Good fourth quarter momentum has continued into a strong start to 2023, with revenue for the first quarter up 41% year on year and overall case sales of 58,246, up 35% year-on-year, driven by the continued demand for ultra-premium products in key regions.

Operating loss was cut to £3.7m from £5.2m.

The group said it is in advanced discussions with potential debt funders to provide additional working capital to support ongoing expansion, with an announcement is expected “imminently”.

Tony Burt, Founder and CEO, said: “I’m delighted with our progress last year and, in particular, the popularity of our premium product range among existing and new customers, which has helped drive a double-digit rise in revenues.

The pandemic created some exceptional challenges, with much of the on-trade market still shut for large parts of last year. However, we experienced strong growth in the off-trade in New Zealand, benefiting from new supply agreements with major retailers. As the on-trade market began to emerge and open up in Asia in the second half, we’ve been very encouraged by the return of demand, particularly luxury on-trade.

“We have continued to invest in growth in 2022 and further strengthen the business’s fundamentals to position us for further expansion. Like every company in our sector, we have had to manage extraordinary supply chain headwinds and inflationary pressures impacting our costs. However, we plan to mitigate this impact through greater operational efficiency this year. The loss also reflects several one-off administrative costs due to the LSE listing process, but we are now in a strong position for profitability and growth.

“Consumers’ demand for ‘premiumisation’ continues unabated, underpinning our strategy and the long-term opportunity for East Imperial. I am confident we have the platform, the team and the resources to become the most admired premium brand of mixers and create a highly valued company for our shareholders.”

On the markets this morning, the FTSE 100 has opened flat at 7,863.3pts.

Early risers include McBride, up 4.1% to 33.1p, Hilton Food Group, up 4% to 705p and Greencore, up 2.9% to 88.25p.
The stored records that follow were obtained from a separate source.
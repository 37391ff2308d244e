-- ===== src/Server/Disconnecting.antt =====
-- What the methods of the state do when a client or a device disconnects.
use suplalite.Common.{
  ℕ, ◌≡◌, ◌≢◌, refl, sym, ap, ◌∙◌, true, false, none, some, inl, inr, Option-cases,
}
use suplalite.Python.Result.{ok, err, key_error}
use suplalite.Python.Dict.{Dict, lookup, put, without, is_some}
use suplalite.Server.Types.{ServerState, ClientState, DeviceState, eq_ℕ}
use suplalite.Server.State.{client_disconnected, change_client, reset_session}
use suplalite.Server.Devices.{device_disconnected}
use suplalite.Server.Clients.{IsConsistent, none≢some}
use suplalite.Server.Owned.{IsLinked}

none_is_some : false ≢ true
none_is_some e = cc

pub client_disconnected-none :
    (s : ServerState) (i : ℕ)
    → lookup eq_ℕ s.client_connections i ≡ none
    → client_disconnected s i ≡ (err key_error, s)
unfolding client_disconnected
client_disconnected-none s i e = rw (e, client_disconnected) refl

pub client_disconnected-there :
    (s : ServerState) (i k : ℕ)
    → IsConsistent s
    → lookup eq_ℕ s.client_connections i ≡ some k
    → (cs : Dict ℕ ClientState) × (client_disconnected s i ≡ (
      ok tt,
      record s {
        client_connections = without eq_ℕ s.client_connections i;
        client_events = without eq_ℕ s.client_events i;
        clients = cs;
      },
    ))
unfolding client_disconnected
client_disconnected-there s i k inv e = elim (Option-cases (lookup eq_ℕ s.client_events i)) [
  | inl e1 ↦ absurd (none_is_some (sym (ap is_some e1) ∙ inv.queues i ∙ ap is_some e))
  | inr (events, e1) ↦ elim (Option-cases (lookup eq_ℕ s.clients i)) [
    | inl e2 ↦ absurd (none≢some (sym (inv.strangers i e2) ∙ e))
    | inr (c, e2) ↦ (
      put eq_ℕ s.clients i (reset_session (record c { online = false })),
      rw (e, e1, e2, client_disconnected, change_client) refl,
    )
  ]
]

pub device_disconnected-none :
    (s : ServerState) (i : ℕ)
    → lookup eq_ℕ s.device_connections i ≡ none
    → device_disconnected s i ≡ (err key_error, s)
unfolding device_disconnected
device_disconnected-none s i e = rw (e, device_disconnected) refl

pub device_disconnected-there :
    (s : ServerState) (i k : ℕ)
    → IsLinked s.devices s.device_connections s.device_events
    → lookup eq_ℕ s.device_connections i ≡ some k
    → (d : DeviceState) × (lookup eq_ℕ s.devices i ≡ some d)
      × (device_disconnected s i ≡ (
        ok tt,
        record s {
          device_connections = without eq_ℕ s.device_connections i;
          device_events = without eq_ℕ s.device_events i;
          devices = put eq_ℕ s.devices i (record d { online = false });
        },
      ))
unfolding device_disconnected
device_disconnected-there s i k linked e = elim (Option-cases (lookup eq_ℕ s.device_events i)) [
  | inl e1 ↦ absurd (none_is_some (sym (ap is_some e1) ∙ linked.queues i ∙ ap is_some e))
  | inr (events, e1) ↦ elim (Option-cases (lookup eq_ℕ s.devices i)) [
    | inl e2 ↦ absurd (none≢some (sym (linked.strangers i e2) ∙ e))
    | inr (d, e2) ↦ (d, e2, rw (e, e1, e2, device_disconnected) refl)
  ]
]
Fallers include Deliveroo, down 1.2% to 108.1p and Reckitt Benckiser, down 0.4% to 6,402p.

This week in the City

After the flurry of results over the past couple weeks, the post- May Day Bank Holiday week looks a little quieter, although there are still a few announcements in the diary.

Later this morning sees Ocado host its AGM, with Reckitt Benckiser’s tomorrow.

Tomorrow brings a Q1 trading update from European Coke bottler Coca-Cola HBC and GSK spin-off Haleon.

In the US Kraft Heinz posts its first quarter results on Wednesday.

Thursday sees a trading update and AGM for Glanbia. Kellogg’s will post its Q1s and Post Holdings will issue half-year results.